Murat BELGE
Murat BELGE Gazete: T24 & BİRİKİM

İdeolojik hegemonya

  • 26.02.2012 00:00

Kapitalizmin hegemonyasını kurması, kapitalizmin uzun zamandır yerleşik olduğu ülkelerde, artık “zor”dan çok “ikna” mekanizmalarıyla yürüyor; bunu çoktandır biliyoruz. Bu son, “neo-liberal” dönem de “ideolojik” rıza gerektiriyor. Onun için, toplumun düşünce tarzını biçimlendirmeye özel bir önem veriyor. Bana her rejimde en korkunç görünen şey insan zihnine yapılan müdahalelerdir. Bu, “reel-sosyalizm” uygulamalarında kabul edilemez bir şeydi. Türkiye gibi ülkelerde hâlâ öyle (Kemalist-milliyetçi ideoloji). Ama “neo-liberalizm”in dogmatizmi de aslında bunlardan aşağıya kalmıyor.

Dediğim bu düzey, aynı zamanda, bu hegemonyayla mücadele edilmesi gereken düzey. “Üretim ilişkilerinin bugünkü biçimlenişi, insan gelişmesinin önüne set çekiyor” dedim; bunun sonucu, bir sonraki adımı, “Onun için birleşelim ve devrim yapalım. Üstüne de bir ‘proletarya diktatörlüğü’ kuralım” demek değil. Sorun geliyor, “ekonomi insan için mi, yoksa insan ekonomi için mi?” noktasına dayanıyor. Ama zaten tarih boyunca böyle ikilemlerle karşılaştık. Bunlar bazen dayatılıyordu, çok zaman gerçek temelleri de vardı, hayatın içinde. Pek çoğunda, çözümün insan feda ederek bulunacağına inandık ya da inandırıldık. Önce zihindeki bu “defeatism”den kendimizi kurtarmamız gerekiyor.

Bundan kurtulmadan olandan iyisini kurmak bir yana, düşünmek bile güç. Sosyalizm uygulamasının her bozukluğunu Stalin’e yüklemek yanlış (çünkü geri kalanı hokus pokusla temize çıkarma durumunu da içeriyor), ama sosyalizmi tarumar etmekte onunla yarışacak bir başkasını bulmak da zor. Stalin’in kafasındaki “reel” düşünce de, bir veya iki kuşağı feda ederek gelecek kuşaklar için sosyalizmi kurmaktı. Yani onun temelinde de ciddi bir “feda etme” sorunsalı yatıyordu.

“Neo-liberalizm” açısından “feda” etmek de anlamlı bir kavram değil, çünkü bu fiil değerli bir şey için kullanılırsa anlamlı olur. Ama neo-liberalizm bu dünyada yaşayan insanların büyük çoğunluğunu Cesur Yeni Dünya’nın “epsilon”ları gibi gördüğü için, ortada bir “feda” etme durumu olduğunu da düşünmüyor. Bütün bu sığlaştırma, yanlış bir “başarı” nosyonuna tutsak etme, beyin yıkama ve budalalaştırma işlemlerinden söz edildiği zaman da, “budala kalma”yı bir hak ve bir özgürlük gibi savunabiliyor: “herkes senin gibi ukala olmak zorunda değil. Onun hakkı, senin ‘ulvi’ saydığın şeylere kulak asmamak!”
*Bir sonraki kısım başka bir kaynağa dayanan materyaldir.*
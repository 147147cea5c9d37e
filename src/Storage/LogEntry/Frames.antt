-- ===== src/Storage/LogEntry/Frames.antt =====
-- storage/log_entry.go: log entries on disk. A frame is the length of the encoding and the encoding.
-- After an error, neither the reader nor the count of bytes is used again.
use raft_based_distributed_l.Storage.Disk.Hex.{scan_length-print_length}
use raft_based_distributed_l.Storage.Command.{get_fast_index, new_command_from_raw}
use raft_based_distributed_l.Storage.LogEntry.{new_log_entry_list, LogEntry}
use raft_based_distributed_l.Storage.Codec.{Codec}
use raft_based_distributed_l.Storage.Disk.{
  newline, blanks, hex_digits, take_exactly, scan_length, print_length, read_full,
}
use mathlib.Core.List.{append_assoc}
use Prim.Native.Nat.{◌^◌}
use raft_based_distributed_l.Prelude.{
  arith, ◌-◌, length-append, ◌≤◌, refl, Option-cases, ◌+◌, ◌<◌, ℕ, ◌≡◌, ◌++◌, length, Bytes, none,
  some, [], ◌∷◌, inl, inr,
}
use raft_based_distributed_l.Exec.{
  Result-cases, ◌>>=◌, lift, Result, Exec, ok, err, codec_failure, entry_content_decode,
  entry_fast_index,
}

unfoldable pub encode_log_entry : Codec → LogEntry → Result Bytes
encode_log_entry codec le = elim (codec.marshal_entry le.entry) [
  | none ↦ err codec_failure
  | some b ↦ ok b
]

unfoldable pub decode_log_entry : Codec → Bytes → Result LogEntry
decode_log_entry codec b = elim (codec.unmarshal_entry b) [
  | none ↦ err codec_failure
  | some pb_entry ↦ elim (new_command_from_raw pb_entry.command_name pb_entry.command_content) [
    | none ↦ err entry_content_decode
    | some command ↦ elim (get_fast_index codec command) [
      | err e ↦ err entry_fast_index
      | ok fast_index ↦ ok (record { entry = pb_entry; fast_index = fast_index })
    ]
  ]
]

-- A writer, which Fprintf calls once.
unfoldable pub log_store : {W : Type 0} → Codec → (Bytes → Exec W ℕ) → LogEntry → Exec W ℕ
log_store codec write le = lift (encode_log_entry codec le) >>= λ encoded.
    write (print_length (length encoded)) >>= λ _. write encoded

-- The entry, the count of bytes, and what is left to read.
unfoldable pub log_reload : Codec → Bytes → Result (LogEntry × ℕ × Bytes)
log_reload codec reader = elim (scan_length reader) [
  | err e ↦ err e
  | ok (n, rest) ↦ elim (read_full n rest) [
    | err e ↦ err e
    | ok (encoded, rest') ↦ elim (decode_log_entry codec encoded) [
      | err e ↦ err e
      | ok le ↦ ok (le, n + 8 + 1, rest')
    ]
  ]
]

-- What a file that is opened to be appended to does, and a buffer.
pub record IsWriter {W : Type 0} (write : Bytes → Exec W ℕ) : Type 0 where
  pub content : W → Bytes
  pub after : Bytes → W → W
  pub writes : (b : Bytes) (w : W) → write b w ≡ (ok (length b), after b w)
  pub appends : (b : Bytes) (w : W) → content (after b w) ≡ content w ++ b

-- An entry whose fast index is that of its content, and whose encoding has a length of 8 digits.
pub record IsFramed (codec : Codec) (le : LogEntry) : Type 0 where
  pub encoded : Bytes
  pub marshalled : codec.marshal_entry le.entry ≡ some encoded
  pub unmarshalled : codec.unmarshal_entry encoded ≡ some le.entry
  pub short : length encoded < 16 ^ 8
  pub indexed : new_log_entry_list codec le.entry ≡ ok le

abbrev pub frame : {codec : Codec} {le : LogEntry} → IsFramed codec le → Bytes
frame f = print_length (length f.encoded) ++ f.encoded

take_exactly-append : (b rest : Bytes) → take_exactly (length b) (b ++ rest) ≡ some (b, rest)
unfolding take_exactly
take_exactly-append [] rest = refl
take_exactly-append (c ∷ b) rest = let h = take_exactly-append b rest in rw (h) refl

read_full-append : (b rest : Bytes) → read_full (length b) (b ++ rest) ≡ ok (b, rest)
unfolding read_full
read_full-append b rest = let h = take_exactly-append b rest in rw (h, read_full) refl

decode_log_entry-IsFramed :
    (codec : Codec) (le : LogEntry) (f : IsFramed codec le)
    → decode_log_entry codec f.encoded ≡ ok le
unfolding decode_log_entry new_log_entry_list
decode_log_entry-IsFramed codec le f =
    let read = f.unmarshalled in
    let indexed = f.indexed in
    elim (Option-cases (new_command_from_raw le.entry.command_name le.entry.command_content)) [
      | inr (c, q) ↦ elim (Result-cases (get_fast_index codec c)) [
        | inl (i, g) ↦
            let indexed' = rw (q, g, new_log_entry_list) at indexed in
            rw (read, decode_log_entry, q, g) indexed'
        | inr (x, g) ↦ let indexed' = rw (q, g, new_log_entry_list) at indexed in cc
      ]
      | inl q ↦ let indexed' = rw (q, new_log_entry_list) at indexed in cc
    ]

pub log_reload-frame :
    (codec : Codec) (le : LogEntry) (f : IsFramed codec le) (rest : Bytes)
    → log_reload codec (frame f ++ rest) ≡ ok (le, length f.encoded + 8 + 1, rest)
unfolding log_reload
log_reload-frame codec le f rest =
    let e = append_assoc (print_length (length f.encoded)) f.encoded rest in
    let s = scan_length-print_length (length f.encoded) (f.encoded ++ rest) f.short in
    let r = read_full-append f.encoded rest in
    let d = decode_log_entry-IsFramed codec le f in rw (e, s, log_reload, r, d) refl

pub log_store-frame :
    {W : Type 0} (write : Bytes → Exec W ℕ) (writer : IsWriter write) (codec : Codec)
    (le : LogEntry) (f : IsFramed codec le) (w : W)
    → (w' : W) × (log_store codec write le w ≡ (ok (length f.encoded), w'))
      × (writer.content w' ≡ writer.content w ++ frame f)
unfolding log_store encode_log_entry
log_store-frame write writer codec le f w =
    let size = print_length (length f.encoded) in
    let w₁ = writer.after size w in
    let m = f.marshalled in
    let first = writer.writes size w in
    let second = writer.writes f.encoded w₁ in
    let c₁ = writer.appends size w in
    let c₂ = writer.appends f.encoded w₁ in
    (
      writer.after f.encoded w₁,
      rw (m, log_store, encode_log_entry, first, second) refl,
      rw (c₂, c₁) (append_assoc (writer.content w) size f.encoded),
    )

pub frame-nonempty : {codec : Codec} {le : LogEntry} (f : IsFramed codec le) → 1 ≤ length (frame f)
unfolding print_length
frame-nonempty f =
    let n = length f.encoded in
    let digits = hex_digits 15 n in
    let h = length-append (blanks (8 - length digits) ++ digits ++ newline ∷ []) f.encoded in
    let k = length-append (blanks (8 - length digits) ++ digits) (newline ∷ []) in
    omega (arith, h, k)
Eğitimi gayrıinsanîleştirmek istenen ideolojik kıvamı bulmak için en iyi çare. Burada da, “işlev”, “yarar”, “randıman” ve benzerleri hemen yardıma yetişiyor. Mühendis olacak adam tarih okuyup ne yapsın, edebiyat öğrenip ne yapsın? Onun mesleğiyle böyle şeylerin ilgisi yok.

Bu tabii, bu gibi konuların berbat bir yöntemle öğretiliyor olmasından da kuvvet kazanan bir “argüman”. Evet, Prut Savaşı’nın hangi yıl olduğu ya da Kaynarca’nın hükümleri bir mühendisin işine yaramaz ama ona bakarsanız tarihi böyle öğrenmek bir tarihçinin de işine yaramaz. “Edebiyat” deyip Abdülhak Hamid’in “şair-i âzam”lığını anlatacaksan, mühendisten çok sahici edebiyatseveri sıkıntıdan patlatırsın.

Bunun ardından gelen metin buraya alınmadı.